EXERCISE INSTRUCTIONS
All lines holding the string "outside" should be copied from the data below.

INFORMATION
-- ===== src/Broker/Apply/Prepared.antt =====
-- A commit from the changes of its plan: what it prepares is planned, so it can be taken back.
use agent_workspace_guard.Base.{
  ◌≡◌, inr, refl, subst, Bool, Option, none, some, List, [], ◌∷◌, ◌++◌, map, All, Text, codes,
  Result, ok, ok-injective, ◌>>=◌, >>=-eq-ok,
}
use agent_workspace_guard.Paths.{FilePath, parse, render, safe_join}
use agent_workspace_guard.Paths.Safe.Joined.{IsSafeName, safe_join_complete}
use agent_workspace_guard.Paths.Safe.Printed.{IsPath, parse-render}
use agent_workspace_guard.Models.Enums.{EntryKind}
use agent_workspace_guard.Models.ManifestEntry.{ManifestEntry}
use agent_workspace_guard.Models.Change.{Change}
use agent_workspace_guard.Models.CommitOperation.{CommitOperation}
use agent_workspace_guard.FileSystem.{Files}
use agent_workspace_guard.Broker.Prepare.{
  kind_of, stage_payload, backup_path_of, prepare_operation, prepare_operations,
}
use agent_workspace_guard.Broker.Apply.{apply_operations}
use agent_workspace_guard.Broker.Rollback.{roll_back_operations}
use agent_workspace_guard.Broker.Restore.{restore_operations}
use agent_workspace_guard.Broker.Apply.Outcomes.{IsBackup}
use agent_workspace_guard.Broker.Apply.Places.{Places}
use agent_workspace_guard.Broker.Apply.Backwards.{Planned, Arranged, NewAreAbsent}
use agent_workspace_guard.Broker.Apply.RolledBack.{TakenBack, roll_back-apply}
use agent_workspace_guard.Broker.Apply.Restored.{Restored, restore-apply}
use agent_workspace_guard.Broker.Apply.Layout.{
  IsJoinable, IsRelative-append, RootsApart, aside_root, places_of, Fits, FitTogether, apart_places,
  All-Beside,
}

abbrev pub paths_of : List Change → List Text
paths_of changes = map (λ change. change.path) changes

joined :
    (root : FilePath) (path : Text)
    → IsJoinable path
    → safe_join root path ≡ ok (root ++ parse path)
joined root path h = safe_join_complete root path h.plain h.safe h.some_part

pub IsPath-append :
    (root rest : FilePath) → IsPath root → All IsSafeName rest → IsPath (root ++ rest)
IsPath-append [] [] h k = tt
IsPath-append [] (part ∷ rest) h (k, ks) =
    (inr (inr (k.0, k.1, k.3)), IsRelative-append [] rest tt ks)
IsPath-append (part ∷ root) rest (h, hs) k = (h, IsRelative-append root rest hs k)

-- Nothing lies where a change says that there was nothing.
abbrev pub AddedAreAbsent : FilePath → Files → List Change → Type 0
AddedAreAbsent workspace files [] = Unit
AddedAreAbsent workspace files (change ∷ changes) =
    (change.before ≡ none
      → (rest : FilePath) → files ((workspace ++ parse change.path) ++ rest) ≡ none)
    × AddedAreAbsent workspace files changes

module _ (workspace worktree apply_root quarantine_root : FilePath)
    (copy_entry : FilePath → FilePath → Result (Unit {0})) (name : Text) where
  backup_path_of-IsBackup :
      (path : Text) (before : Option ManifestEntry) (backup : Option Text)
      → IsPath quarantine_root
      → IsJoinable path
      → backup_path_of worktree apply_root quarantine_root copy_entry path before ≡ ok backup
      → IsBackup (kind_of before) backup (quarantine_root ++ parse path)
  backup_path_of-IsBackup path none backup q h e = tt
  backup_path_of-IsBackup path (some before) backup q h e =
      let printed : ok (some (render (quarantine_root ++ parse path))) ≡ ok backup =
        subst (λ j. (j >>= λ b. ok (some (render b))) ≡ ok backup) (joined quarantine_root path h)
          e in
      subst (λ b. IsBackup (some before.kind) b (quarantine_root ++ parse path))
        (ok-injective printed)
        (parse-render (quarantine_root ++ parse path)
          (IsPath-append quarantine_root (parse path) q h.safe))

  prepare_operation-Planned :
      (change : Change) (operation : CommitOperation)
      → RootsApart workspace apply_root quarantine_root name
      → IsPath quarantine_root
      → Fits workspace apply_root quarantine_root name change.path
      → prepare_operation worktree apply_root quarantine_root copy_entry change ≡ ok operation
      → Planned workspace apply_root
          (aside_root workspace apply_root quarantine_root name)
          operation
          (places_of workspace apply_root quarantine_root name change.path)
        × (operation.before_kind ≡ kind_of change.before)
  unfolding prepare_operation
  prepare_operation-Planned change operation roots q h e =
      let path = change.path in
      let (u, staged, rest) =
        >>=-eq-ok (stage_payload worktree apply_root quarantine_root copy_entry path change.after) _
          e in
      let (backup, backed, made) =
        >>=-eq-ok (backup_path_of worktree apply_root quarantine_root copy_entry path change.before)
          _ rest in
      subst
        (λ o.
          Planned workspace apply_root (aside_root workspace apply_root quarantine_root name) o
            (places_of workspace apply_root quarantine_root name path)
          × (o.before_kind ≡ kind_of change.before))
        (ok-injective made)
        (
          record {
            target = joined workspace path h.0;
            payload = joined apply_root path h.0;
            displaced = joined (aside_root workspace apply_root quarantine_root name) path h.0;
            backup = backup_path_of-IsBackup path change.before backup q h.0 backed;
            apart = apart_places workspace apply_root quarantine_root name roots path h;
            not_moved = refl;
            not_installed = refl;
          },
          refl,
        )

  abbrev places : List Change → List Places
  places changes = map (places_of workspace apply_root quarantine_root name) (paths_of changes)

  absent_kind :
      (before : Option ManifestEntry) (kind : Option EntryKind)
      → kind ≡ kind_of before
      → kind ≡ none
      → before ≡ none
  absent_kind none kind e new = refl
  absent_kind (some entry) kind e new = cc

  prepare_operations-Arranged :
      (files : Files) (changes : List Change) (operations : List CommitOperation)
      → RootsApart workspace apply_root quarantine_root name
      → IsPath quarantine_root
      → FitTogether workspace apply_root quarantine_root name (paths_of changes)
      → AddedAreAbsent workspace files changes
      → prepare_operations worktree apply_root quarantine_root copy_entry changes ≡ ok operations
      → Arranged workspace apply_root
          (aside_root workspace apply_root quarantine_root name)
          operations
          (places changes)
        × NewAreAbsent files operations (places changes)
  unfolding prepare_operations
  prepare_operations-Arranged files [] operations roots q h k e =
      subst
        (λ o.
          Arranged workspace apply_root (aside_root workspace apply_root quarantine_root name) o []
          × NewAreAbsent files o [])
        (ok-injective e) (tt, tt)
  prepare_operations-Arranged files (change ∷ changes) operations roots q (h, hs, rest) (k, ks) e =
      let (operation, one, e2) =
        >>=-eq-ok (prepare_operation worktree apply_root quarantine_root copy_entry change) _ e in
      let (more, all, e3) =
        >>=-eq-ok (prepare_operations worktree apply_root quarantine_root copy_entry changes) _
          e2 in
      let (plan, kind) = prepare_operation-Planned change operation roots q h one in
      let (later, absent) = prepare_operations-Arranged files changes more roots q rest ks all in
      subst
        (λ o.
          Arranged workspace apply_root (aside_root workspace apply_root quarantine_root name) o
            (places (change ∷ changes))
          × NewAreAbsent files o (places (change ∷ changes)))
        (ok-injective e3)
        (
          (
            plan,
            All-Beside workspace apply_root quarantine_root name roots change.path
                (paths_of changes) h hs,
            later,
          ),
          (λ new. k (absent_kind change.before operation.before_kind kind new), absent),
        )

module _ (workspace worktree apply_root quarantine_root : FilePath)
    (copy_entry : FilePath → FilePath → Result (Unit {0})) where
  -- Whatever raises while the operations that a commit has prepared are applied: the rollback, if none of
  -- its own calls raises, goes through without errors, and each path outside the payloads, the backups
  -- and the places for payloads that are moved aside holds what it held, or a new directory where there
  -- was nothing. The three roots lie beside one another, the quarantine is a path that can be printed,
  -- the paths of the changes can be joined, none lies in another or in "_failed_new", and nothing lies
  -- at a target that is new.
  pub rollback_undoes_commit :
      (files : Files) (faults : List Bool) (changes : List Change)
      (operations : List CommitOperation)
      → RootsApart workspace apply_root quarantine_root (codes "_failed_new")
      → IsPath quarantine_root
      → FitTogether workspace apply_root quarantine_root (codes "_failed_new") (paths_of changes)
      → AddedAreAbsent workspace files changes
      → prepare_operations worktree apply_root quarantine_root copy_entry changes ≡ ok operations
      → TakenBack files
          (map
            (places_of workspace apply_root quarantine_root (codes "_failed_new"))
            (paths_of changes))
          (let a = apply_operations workspace apply_root operations files faults in
            roll_back_operations workspace
              (quarantine_root ++ (codes "_failed_new" ∷ []))
              a.operations
              a.files
              [])
  rollback_undoes_commit files faults changes operations roots q h k e =
      let (arranged, absent) =
        prepare_operations-Arranged workspace worktree apply_root quarantine_root copy_entry
          (codes "_failed_new") files changes operations roots q h k e in
      roll_back-apply workspace apply_root (quarantine_root ++ (codes "_failed_new" ∷ []))
        operations
        (map (places_of workspace apply_root quarantine_root (codes "_failed_new"))
          (paths_of changes))
        files faults arranged absent

  -- A restore of the operations that a commit has applied, if none of its own calls raises, goes through,
  -- and each path outside the payloads, the backups and the places for payloads that are moved aside
  -- holds what it held before the commit, or a new directory where there was nothing. The conditions are
  -- those of the rollback, with "_restore_current".
  pub restore_undoes_commit :
      (files : Files) (faults : List Bool) (changes : List Change)
      (operations : List CommitOperation)
      → RootsApart workspace apply_root quarantine_root (codes "_restore_current")
      → IsPath quarantine_root
      → FitTogether workspace apply_root quarantine_root
          (codes "_restore_current")
          (paths_of changes)
      → AddedAreAbsent workspace files changes
      → prepare_operations worktree apply_root quarantine_root copy_entry changes ≡ ok operations
      → Restored files
          (map
            (places_of workspace apply_root quarantine_root (codes "_restore_current"))
            (paths_of changes))
          (let a = apply_operations workspace apply_root operations files faults in
            restore_operations workspace
              (quarantine_root ++ (codes "_restore_current" ∷ []))
              a.operations
              a.files
              [])
  restore_undoes_commit files faults changes operations roots q h k e =
      let (arranged, absent) =
        prepare_operations-Arranged workspace worktree apply_root quarantine_root copy_entry
          (codes "_restore_current") files changes operations roots q h k e in
      restore-apply workspace apply_root (quarantine_root ++ (codes "_restore_current" ∷ []))
        operations
        (map (places_of workspace apply_root quarantine_root (codes "_restore_current"))
          (paths_of changes))
        files faults arranged absent
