-- ===== src/Models/Finding.antt =====
-- Finding of src/agent_workspace_guard/models.py, with its conversions.
use agent_workspace_guard.Base.{
  ◌≡◌, refl, Option, none, some, [], ◌∷◌, Text, codes, Result, ok, ◌>>=◌,
}
use agent_workspace_guard.Json.Values.{Json, string, object, fields_of}
use agent_workspace_guard.Json.Convert.{
  Builtins, get_item, get_or_null, optional_text, as_optional_text, text_item, int_item,
}

pub record Finding : Type 0 where
  pub code : Text
  pub severity : Text
  pub message : Text
  pub path : Option Text

unfoldable pub to_dict : Finding → Json
to_dict r = object (
    fields_of (
      (codes "code", string r.code)
      ∷ (codes "severity", string r.severity)
      ∷ (codes "message", string r.message)
      ∷ (codes "path", optional_text r.path)
      ∷ []))

module _ (py : Builtins) where
  unfoldable pub from_dict : Json → Result Finding
  unfolding get_item get_or_null text_item int_item as_optional_text
  from_dict value = do
    code ← text_item py value (codes "code")
    severity ← text_item py value (codes "severity")
    message ← text_item py value (codes "message")
    path ← as_optional_text (← get_or_null value (codes "path"))
    ok (record { code = code; severity = severity; message = message; path = path })

  pub from_dict-to_dict : (r : Finding) → from_dict (to_dict r) ≡ ok r
  unfolding from_dict to_dict
  from_dict-to_dict r = last_field r.path
    where
      last_field :
          (path : Option Text)
          → (as_optional_text (optional_text path) >>= λ t. ok (record r { path = t }))
            ≡ ok (record r { path = path })
      last_field none = refl
      last_field (some text) = refl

EXERCISE SOLUTION
  -- its own calls raises, goes through without errors, and each path outside the payloads, the backups
  -- and each path outside the payloads, the backups and the places for payloads that are moved aside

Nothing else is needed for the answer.